Hi guys, I'm doing some tests to better understand common bottlenecks on modern GPUs.
I'm taking a look at the valuable Sebastian Aaltonen's performance test tool (https://github.com/sebbbi/perftest).
What I'm try to understand is how those numbers relate with theoretical GPU texture fill-rate throughput.
The first thing I'm having some trouble to understand is how the nominal texture fill-rate should be computed, since usually is just:
Texture Rate = Clock Rate * TMUs.
However, taking as an example the AMD Radeon RX 5700 XT, which is a well documented GPU, this number doesn't match with what I'm reading in RDNA architecture presentation (https://www.amd.com/system/files/documents/rdna-whitepaper.pdf).
The paper states: "[...] the texture mapping unit, which can perform filtering for up to eight texture addresses per clock – again twice the throughput of the prior generation. For each address, the TMU will sample the four nearest neighbors, decompress the data, and perform interpolation. The final texel value is passed back to the SIMD via then response bus".
So from this statement I would say that each TMU can perform up to 8 bilinears samples per clock.
So if we take the number of TMUs listed in the GPU specs (https://www.techpowerup.com/gpu-specs/radeon-rx-5700-xt.c3339), which are 160, it seems legit to compute the texture fill rate as follow:
Texture Rate: 1905 MHz x 160 TMU x 8 (sample/clock) = 2.438 TTexel/s.
But this is clearly not the number provided by AMD which is just 304.8 GTexel/s (1905 MHz x 160 TMU).
A second question is related to the performance test itself.
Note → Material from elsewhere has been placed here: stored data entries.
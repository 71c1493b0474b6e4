-- ===== src/Serializer/Reader/Bounds.antt =====
-- No read of the reader moves behind the end of the bytes, changes them, or steps back.
use xelis_blockchain.Prelude.{
  ℕ, ◌≤◌, ◌≡◌, refl, Bool, true, false, Option, List, arith, if◌then◌else◌, length, ◌∙◌,
}
use xelis_blockchain.Prelude.Results.{Result, ok, err}
use xelis_blockchain.Serializer.Reader.{
  Reader, ReaderError, Read, continue, ◌>>=◌, pure, fail, read_bytes, read_bytes_ref, read_u8,
  read_number, read_string_with_size, read_bool, read_string, read_optional_string,
  read_optional_non_zero_u8, read_hash, read_bytes_32, read_bytes_64, read_u16, read_u32, read_u64,
  read_u128, array,
}

-- `r'` is a later place in the bytes of `r`.
pub record Later (r r' : Reader) : Type 0 where
  pub same : r'.bytes ≡ r.bytes
  pub forward : r.total ≤ r'.total
  pub inside : r.total ≤ length r.bytes → r'.total ≤ length r'.bytes

pub record StaysIn {ℓ} {A : Type ℓ} (m : Read A) : Type 0 where
  pub at : (r : Reader) → Later r (m r).1

Later-trans : {a b c : Reader} → Later a b → Later b c → Later a c
Later-trans p q = record {
  same = q.same ∙ p.same;
  forward = omega arith;
  inside = λ h. q.inside (p.inside h);
}

module _ {ℓ} {A : Type ℓ} where
  StaysIn-pure : (a : A) → StaysIn (pure a)
  StaysIn-pure a = record {
    at = λ r. record { same = refl; forward = omega arith; inside = λ h. h };
  }

  StaysIn-fail : (e : ReaderError) → StaysIn (fail {A = A} e)
  StaysIn-fail e = record {
    at = λ r. record { same = refl; forward = omega arith; inside = λ h. h };
  }

  StaysIn-if : (b : Bool) {m n : Read A} → StaysIn m → StaysIn n → StaysIn (if b then m else n)
  StaysIn-if true p q = p
  StaysIn-if false p q = q

  StaysIn-read_bytes : (try_into : List ℕ → Option A) (n : ℕ) → StaysIn (read_bytes try_into n)
  unfolding read_bytes
  StaysIn-read_bytes try_into n = record {
    at = λ r. record { same = ground arith; forward = ground arith; inside = λ h. ground arith };
  }

module _ {ℓ κ} {A : Type ℓ} {B : Type κ} where
  StaysIn-bind :
      {m : Read A} {f : A → Read B} → StaysIn m → ((a : A) → StaysIn (f a)) → StaysIn (m >>= f)
  StaysIn-bind {m} {f} p q = record { at = λ r. Later-trans (p.at r) (rest (m r).0 (m r).1) }
    where
      rest : (x : Result ReaderError A) (r' : Reader) → Later r' (continue x f r').1
      rest (ok a) r' = (q a).at r'
      rest (err e) r' = (StaysIn-fail {A = B} e).at r'

StaysIn-read_u8 : StaysIn read_u8
unfolding read_u8
StaysIn-read_u8 = record {
  at = λ r. record { same = ground arith; forward = ground arith; inside = λ h. ground arith };
}

StaysIn-read_bytes_ref : (n : ℕ) → StaysIn (read_bytes_ref n)
unfolding read_bytes_ref
StaysIn-read_bytes_ref n = record {
  at = λ r. record { same = ground arith; forward = ground arith; inside = λ h. ground arith };
}

ruleset stays_in = (
  StaysIn-pure, StaysIn-fail, StaysIn-if, StaysIn-bind, StaysIn-read_bytes, StaysIn-read_u8,
  StaysIn-read_bytes_ref,
)

StaysIn-read_number : (n : ℕ) → StaysIn (read_number n)
unfolding read_number
StaysIn-read_number n = search stays_in

StaysIn-read_string_with_size : (n : ℕ) → StaysIn (read_string_with_size n)
unfolding read_string_with_size
StaysIn-read_string_with_size n = search stays_in

StaysIn-read_bool : StaysIn read_bool
unfolding read_bool
StaysIn-read_bool = search stays_in

StaysIn-read_string : StaysIn read_string
unfolding read_string
StaysIn-read_string = search (stays_in, StaysIn-read_string_with_size)

StaysIn-read_optional_string : StaysIn read_optional_string
unfolding read_optional_string
StaysIn-read_optional_string = search (stays_in, StaysIn-read_string_with_size)

StaysIn-read_optional_non_zero_u8 : StaysIn read_optional_non_zero_u8
unfolding read_optional_non_zero_u8
StaysIn-read_optional_non_zero_u8 = search stays_in

-- Whatever the bytes and the place in them, none of the reader's reads, among them `read_bytes` into
-- any type, changes the bytes, moves back, or goes from a place inside the bytes to one behind their end, whether it succeeds or
-- fails.
pub reader-StaysIn :
    StaysIn read_u8
    × StaysIn read_bool
    × StaysIn read_hash
    × StaysIn read_bytes_64
    × StaysIn read_u16
    × StaysIn read_u32
    × StaysIn read_u64
    × StaysIn read_u128
    × StaysIn read_string
    × StaysIn read_optional_string
    × StaysIn read_optional_non_zero_u8
    × ((n : ℕ) → StaysIn (read_bytes_ref n))
    × ((n : ℕ) → StaysIn (read_string_with_size n))
    × ((A : Type 0) (try_into : List ℕ → Option A) (n : ℕ) → StaysIn (read_bytes try_into n))
unfolding read_hash read_bytes_32 read_bytes_64 read_u16 read_u32 read_u64 read_u128
reader-StaysIn = (
  StaysIn-read_u8,
  StaysIn-read_bool,
  StaysIn-read_bytes (array 32) 32,
  StaysIn-read_bytes (array 64) 64,
  StaysIn-read_number 2,
  StaysIn-read_number 4,
  StaysIn-read_number 8,
  StaysIn-read_number 16,
  StaysIn-read_string,
  StaysIn-read_optional_string,
  StaysIn-read_optional_non_zero_u8,
  StaysIn-read_bytes_ref,
  StaysIn-read_string_with_size,
  λ A. StaysIn-read_bytes,
)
The performance test mentioned above runs 1024x1024 CS threads, each one reading 256 elements from a different type of buffer, this whole operation is repeated 30 times for a total number of 8 billions reads.
The total time of those reads is collected via GPU queries.
On the RX 5700 XT the random RGBA8 buffer read takes 12.617 ms, which is roughly 332 reads/clock.
Does anyone have any idea how this number could be inferred from the nominal GPU specs and architecture?